What to do: Take the entries that follow and return exactly the lines from the one holding "(m, record q" through the one holding "vsched_update_criticality vcpu criticality (vcpus, m, q)", both included. Nothing else is needed.

Extracted information:
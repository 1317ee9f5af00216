-- ===== src/Tests/Vemulate.antt =====
-- Two partitions, 1 and 2, with no route yet.
use twan.Base.{
  ◌≡◌, ◌+◌, ◌||◌, refl, inl, inr, true, false, none, some, arith, update, ◌==◌, if◌then◌else◌,
  Bool-cases,
}
use twan.Bitmap.{Bmp256}
use twan.Vemulate.{
  einval, ok, error, vipi_route, Vpartition, Table, put_receiver, put_sender, vemu_set_route,
  far_vcpu,
}
use twan.Vemulate.Routes.{IsTable}
use twan.Vemulate.Routes.Outcome.{SetRoute, vemu_set_route_lem}
use twan.Vemulate.Revoke.{far_vcpu_lem}

abbrev empty_map : Bmp256
empty_map = record { bmp = λ i. 0 }

abbrev partition : Vpartition
partition = record {
  receivers = λ kind. empty_map;
  senders = λ kind. empty_map;
  criticality_perms = λ i. record {
    read = false;
    write = false;
    min_criticality_writeable = 0;
    max_criticality_writeable = 0;
  };
  vcpus = λ i. 0x1000 + i;
  vcpu_count = 4;
}

abbrev two_partitions : Table
two_partitions vid = if vid == 1 || vid == 2 then some partition else none

two_partitions-IsTable : IsTable two_partitions
unfolding IsTable
two_partitions-IsTable vid = elim (Bool-cases (vid == 1 || vid == 2)) [
  | inl e ↦ rw e (λ kind. (λ i hi. omega arith, λ i hi. omega arith))
  | inr e ↦ rw e tt
]

vemu_set_route_example :
    SetRoute two_partitions vipi_route 1 2 true (vemu_set_route two_partitions 2 1 vipi_route true)
vemu_set_route_example =
    vemu_set_route_lem two_partitions 2 1 vipi_route true two_partitions-IsTable (omega arith)
      (omega arith)

abbrev unrouted : Table
unrouted =
    update (update two_partitions 1 (some (put_receiver partition vipi_route 2 false))) 2
      (some (put_sender partition vipi_route 1 false))

unrouted_is : vemu_set_route two_partitions 2 1 vipi_route false ≡ ok unrouted
unfolding vemu_set_route
unrouted_is = refl

far_vcpu_example : far_vcpu unrouted 1 2 vipi_route 3 ≡ error einval
far_vcpu_example =
    far_vcpu_lem two_partitions unrouted 2 1 vipi_route two_partitions-IsTable (omega arith)
      (omega arith) unrouted_is 3
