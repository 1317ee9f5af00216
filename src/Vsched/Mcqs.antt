-- ===== src/Vsched/Mcqs.antt =====
-- The first half of src/subsys/twanvisor/vsched/vsched_dsa.c: the scheduler with a queue for each criticality
-- (CONFIG_TWANVISOR_VSCHED_MCQS). A virtual processor has a node for each criticality: `vsched_nodes[i]` of the
-- processor `vcpu` has the address `vcpu * levels + i`, where `levels` is VSCHED_NUM_CRITICALITIES. A `Links` and a
-- `Vscheduler` are the memory that the functions change; the lock is not modelled.
use twan.Base.{
  ℕ, zero, suc, ◌+◌, ◌-◌, ◌*◌, ◌/◌, Bool, true, false, not, ◌||◌, Option, none, some, ◌==◌, ltb,
  leb, if◌then◌else◌, update,
}
use twan.Dq.{Links, Dq, dq_peekfront, dq_popfront, dq_pushback, dq_dequeue, dq_is_queued}
use twan.Vsched.Vcpu.{ready, state_is_ready, Vcpus}

-- `struct vscheduler`; `kick` is whether the idle processor was called
pub record Vscheduler : Type 0 where
  pub queues : ℕ → Dq
  pub paused_queue : Dq
  pub vcriticality_level : ℕ
  pub kick : Bool

-- The criticality that the pointer receives; the queue is that of the criticality.
unfoldable pub vsched_get_bucket : Vscheduler → Option ℕ
vsched_get_bucket s =
    if not (dq_peekfront (s.queues s.vcriticality_level) == 0)
    then some s.vcriticality_level
    else if s.vcriticality_level == 0
    then none
    else if dq_peekfront (s.queues 0) == 0
    then none
    else some 0

pub vsched_is_current_preemptible : Vcpus → Vscheduler → (current : ℕ) → Bool
unfolding vsched_get_bucket
vsched_is_current_preemptible vcpus s current = elim (vsched_get_bucket s) [
  | none ↦ false
  | some next_criticality ↦
      ltb (vcpus current).criticality s.vcriticality_level
      || leb s.vcriticality_level next_criticality
]

abbrev pub put_queue : Vscheduler → ℕ → Dq → Vscheduler
put_queue s i d = record s { queues = update s.queues i d }

module _ (levels : ℕ) where
  -- `&vcpu->vsched_nodes[i]`
  abbrev pub vsched_node : (vcpu i : ℕ) → ℕ
  vsched_node vcpu i = vcpu * levels + i

  abbrev pub vsched_node_to_vcpu : (node criticality : ℕ) → ℕ
  vsched_node_to_vcpu node criticality = (node - criticality) / levels

  -- the first rounds of the loop of `__vsched_push`
  unfoldable pub push_queues : (rounds vcpu : ℕ) → Links × Vscheduler → Links × Vscheduler
  push_queues zero vcpu s = s
  push_queues (suc i) vcpu s =
      let (m, q) = push_queues i vcpu s in
      let (m1, d) = dq_pushback (vsched_node vcpu i) (m, q.queues i) in (m1, put_queue q i d)

  unfoldable pub vsched_push : Vcpus → (vcpu : ℕ) → Links × Vscheduler → Links × Vscheduler
  unfolding push_queues
  vsched_push vcpus vcpu s =
      let (m, q) = push_queues (suc (vcpus vcpu).criticality) vcpu s in
      (m, record q { kick = true })

  pub vsched_push_paused : (vcpu : ℕ) → Links × Vscheduler → Links × Vscheduler
  vsched_push_paused vcpu (m, q) =
      let (m1, d) = dq_pushback (vsched_node vcpu 0) (m, q.paused_queue) in
      (m1, record q { paused_queue = d })

  -- The virtual processor comes first; NULL is `none`.
  unfoldable pub vsched_pop : Links × Vscheduler → Option ℕ × Links × Vscheduler
  unfolding vsched_get_bucket
  vsched_pop (m, q) = elim (vsched_get_bucket q) [
    | none ↦ (none, m, q)
    | some criticality ↦
        let (node, m1, d) = dq_popfront (m, q.queues criticality) in
        (some (vsched_node_to_vcpu node criticality), m1, put_queue q criticality d)
  ]

  -- the first rounds of the loop of `__vsched_dequeue`
  dequeue_queues : (rounds vcpu : ℕ) → Links × Vscheduler → Links × Vscheduler
  dequeue_queues zero vcpu s = s
  dequeue_queues (suc i) vcpu s =
      let (m, q) = dequeue_queues i vcpu s in
      let (m1, d) = dq_dequeue (vsched_node vcpu i) (m, q.queues i) in
      if dq_is_queued (vsched_node vcpu i) (m, q.queues i) then (m1, put_queue q i d) else (m, q)

  pub vsched_dequeue : Vcpus → (vcpu : ℕ) → Links × Vscheduler → Links × Vscheduler
  unfolding dequeue_queues
  vsched_dequeue vcpus vcpu s = dequeue_queues (suc (vcpus vcpu).criticality) vcpu s

  pub vsched_dequeue_paused : (vcpu : ℕ) → Links × Vscheduler → Links × Vscheduler
  vsched_dequeue_paused vcpu (m, q) =
      let (m1, d) = dq_dequeue (vsched_node vcpu 0) (m, q.paused_queue) in
      if dq_is_queued (vsched_node vcpu 0) (m, q.paused_queue)
      then (m1, record q { paused_queue = d })
      else (m, q)

  pub vsched_unpause : (vcpu : ℕ) → Vcpus × Links × Vscheduler → Vcpus × Links × Vscheduler
  unfolding vsched_dequeue_paused vsched_push
  vsched_unpause vcpu (vcpus, m, q) =
      let s = vsched_dequeue_paused vcpu (m, q) in
      let vcpus1 = update vcpus vcpu (record (vcpus vcpu) { state = ready }) in
      let (m1, q1) = vsched_push vcpus1 vcpu s in (vcpus1, m1, q1)

  pub vsched_update_criticality :
      (vcpu criticality : ℕ) → Vcpus × Links × Vscheduler → Vcpus × Links × Vscheduler
  unfolding vsched_dequeue vsched_push
  vsched_update_criticality vcpu criticality (vcpus, m, q) =
      let vcpus1 = update vcpus vcpu (record (vcpus vcpu) { criticality = criticality }) in
      let s = vsched_dequeue vcpus vcpu (m, q) in
      let (m1, q1) = vsched_push vcpus1 vcpu s in
      if state_is_ready (vcpus vcpu).state then (vcpus1, m1, q1) else (vcpus1, m, q)
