-- ===== src/Vsched/Mcfs.antt =====
-- The second half of src/subsys/twanvisor/vsched/vsched_dsa.c: the scheduler with frames
-- (CONFIG_TWANVISOR_VSCHED_MCFS), and the entry and removal of a frame in vemulate/vemulate_utils.c. `num_frames` is
-- CONFIG_TWANVISOR_VSCHED_NUM_FRAMES; an address is a number and NULL is 0. The lock is not modelled.
pub mod Pop
pub mod Fair
use twan.Base.{
  ℕ, zero, suc, ◌+◌, ◌-◌, ◌%◌, ◌^◌, Bool, true, false, not, ◌&&◌, ◌||◌, ◌==◌, ltb, leb,
  if◌then◌else◌, update,
}
use twan.Vsched.Vcpu.{VcpuState, ready, state_is_ready, VschedMetadata, Vcpus}

-- `struct vscheduler`; `kick` is whether the idle processor was called
pub record Vscheduler : Type 0 where
  pub frames : ℕ → ℕ
  pub clock : ℕ
  pub vcriticality_level : ℕ
  pub kick : Bool

abbrev pub set_clock : Vscheduler → ℕ → Vscheduler
set_clock s clock = record s { clock = clock }

-- `vcpu && vcpu->vsched_metadata.state == VREADY`
abbrev pub is_ready : Vcpus → (vcpu : ℕ) → Bool
is_ready vcpus vcpu = not (vcpu == 0) && state_is_ready (vcpus vcpu).state

module _ (num_frames : ℕ) where
  -- `cur_idx` of a round; `clock` and `i` are `u32`
  abbrev pub index_of : (clock i : ℕ) → ℕ
  index_of clock i = (clock + i) % 2 ^ 32 % num_frames

  module _ (vcpus : Vcpus) (s : Vscheduler) where
    -- the frame that is looked at in round `i`
    abbrev pub frame_at : (i : ℕ) → ℕ
    frame_at i = s.frames (index_of s.clock i)

    abbrev pub is_high : (vcpu : ℕ) → Bool
    is_high vcpu = leb s.vcriticality_level (vcpus vcpu).criticality

    -- the loop of `__vsched_is_current_preemptible`, `rounds` before the end
    unfoldable pub preemptible_loop : (rounds i criticality : ℕ) → Bool
    preemptible_loop zero i criticality = false
    preemptible_loop (suc rounds) i criticality =
        let rest = preemptible_loop rounds (suc i) criticality in
        let vcpu = frame_at i in
        if is_ready vcpus vcpu && (ltb criticality s.vcriticality_level || is_high vcpu)
        then true
        else rest

    unfoldable pub vsched_is_current_preemptible : (current : ℕ) → Bool
    unfolding preemptible_loop
    vsched_is_current_preemptible current =
        preemptible_loop (num_frames - 1) 0 (vcpus current).criticality

    -- the loop of `__vsched_pop` and what follows it
    unfoldable pub pop_loop : (rounds i first_idx first_vcpu : ℕ) → ℕ × Vscheduler
    pop_loop zero i first_idx first_vcpu =
        if first_vcpu == 0 then (0, s) else (first_vcpu, set_clock s (first_idx + 1))
    pop_loop (suc rounds) i first_idx first_vcpu =
        let cur_idx = index_of s.clock i in
        let vcpu = frame_at i in
        let is_first = is_ready vcpus vcpu && first_vcpu == 0 in
        let rest =
          pop_loop rounds (suc i) (if is_first then cur_idx else first_idx)
            (if is_first then vcpu else first_vcpu) in
        if is_ready vcpus vcpu && is_high vcpu then (vcpu, set_clock s (cur_idx + 1)) else rest

    -- The virtual processor comes first.
    unfoldable pub vsched_pop : ℕ × Vscheduler
    unfolding pop_loop
    vsched_pop = pop_loop num_frames 0 0 0

  -- the first rounds of the loop of `__vsched_dequeue`
  dequeue_loop : (rounds vcpu : ℕ) → Vscheduler → Vscheduler
  dequeue_loop zero vcpu s = s
  dequeue_loop (suc i) vcpu s =
      let before = dequeue_loop i vcpu s in
      if before.frames i == vcpu
      then record before { frames = update before.frames i 0 }
      else before

  pub vsched_dequeue : (vcpu : ℕ) → Vscheduler → Vscheduler
  unfolding dequeue_loop
  vsched_dequeue vcpu s = dequeue_loop num_frames vcpu s

  pub vsched_dequeue_paused : (vcpu : ℕ) → Vscheduler → Vscheduler
  unfolding vsched_dequeue
  vsched_dequeue_paused vcpu s = vsched_dequeue vcpu s

pub vsched_unpause : (vcpu : ℕ) → Vcpus × Vscheduler → Vcpus × Vscheduler
vsched_unpause vcpu (vcpus, s) =
    (update vcpus vcpu (record (vcpus vcpu) { state = ready }), record s { kick = true })

pub vsched_update_criticality : (vcpu criticality : ℕ) → Vcpus → Vcpus
vsched_update_criticality vcpu criticality vcpus =
    update vcpus vcpu (record (vcpus vcpu) { criticality = criticality })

Exercise output:
      (m, record q { kick = true })

  pub vsched_push_paused : (vcpu : ℕ) → Links × Vscheduler → Links × Vscheduler
  vsched_push_paused vcpu (m, q) =
      let (m1, d) = dq_pushback (vsched_node vcpu 0) (m, q.paused_queue) in
      (m1, record q { paused_queue = d })

  -- The virtual processor comes first; NULL is `none`.
  unfoldable pub vsched_pop : Links × Vscheduler → Option ℕ × Links × Vscheduler
  unfolding vsched_get_bucket
  vsched_pop (m, q) = elim (vsched_get_bucket q) [
    | none ↦ (none, m, q)
    | some criticality ↦
        let (node, m1, d) = dq_popfront (m, q.queues criticality) in
        (some (vsched_node_to_vcpu node criticality), m1, put_queue q criticality d)
  ]

  -- the first rounds of the loop of `__vsched_dequeue`
  dequeue_queues : (rounds vcpu : ℕ) → Links × Vscheduler → Links × Vscheduler
  dequeue_queues zero vcpu s = s
  dequeue_queues (suc i) vcpu s =
      let (m, q) = dequeue_queues i vcpu s in
      let (m1, d) = dq_dequeue (vsched_node vcpu i) (m, q.queues i) in
      if dq_is_queued (vsched_node vcpu i) (m, q.queues i) then (m1, put_queue q i d) else (m, q)

  pub vsched_dequeue : Vcpus → (vcpu : ℕ) → Links × Vscheduler → Links × Vscheduler
  unfolding dequeue_queues
  vsched_dequeue vcpus vcpu s = dequeue_queues (suc (vcpus vcpu).criticality) vcpu s

  pub vsched_dequeue_paused : (vcpu : ℕ) → Links × Vscheduler → Links × Vscheduler
  vsched_dequeue_paused vcpu (m, q) =
      let (m1, d) = dq_dequeue (vsched_node vcpu 0) (m, q.paused_queue) in
      if dq_is_queued (vsched_node vcpu 0) (m, q.paused_queue)
      then (m1, record q { paused_queue = d })
      else (m, q)

  pub vsched_unpause : (vcpu : ℕ) → Vcpus × Links × Vscheduler → Vcpus × Links × Vscheduler
  unfolding vsched_dequeue_paused vsched_push
  vsched_unpause vcpu (vcpus, m, q) =
      let s = vsched_dequeue_paused vcpu (m, q) in
      let vcpus1 = update vcpus vcpu (record (vcpus vcpu) { state = ready }) in
      let (m1, q1) = vsched_push vcpus1 vcpu s in (vcpus1, m1, q1)

  pub vsched_update_criticality :
      (vcpu criticality : ℕ) → Vcpus × Links × Vscheduler → Vcpus × Links × Vscheduler
  unfolding vsched_dequeue vsched_push
  vsched_update_criticality vcpu criticality (vcpus, m, q) =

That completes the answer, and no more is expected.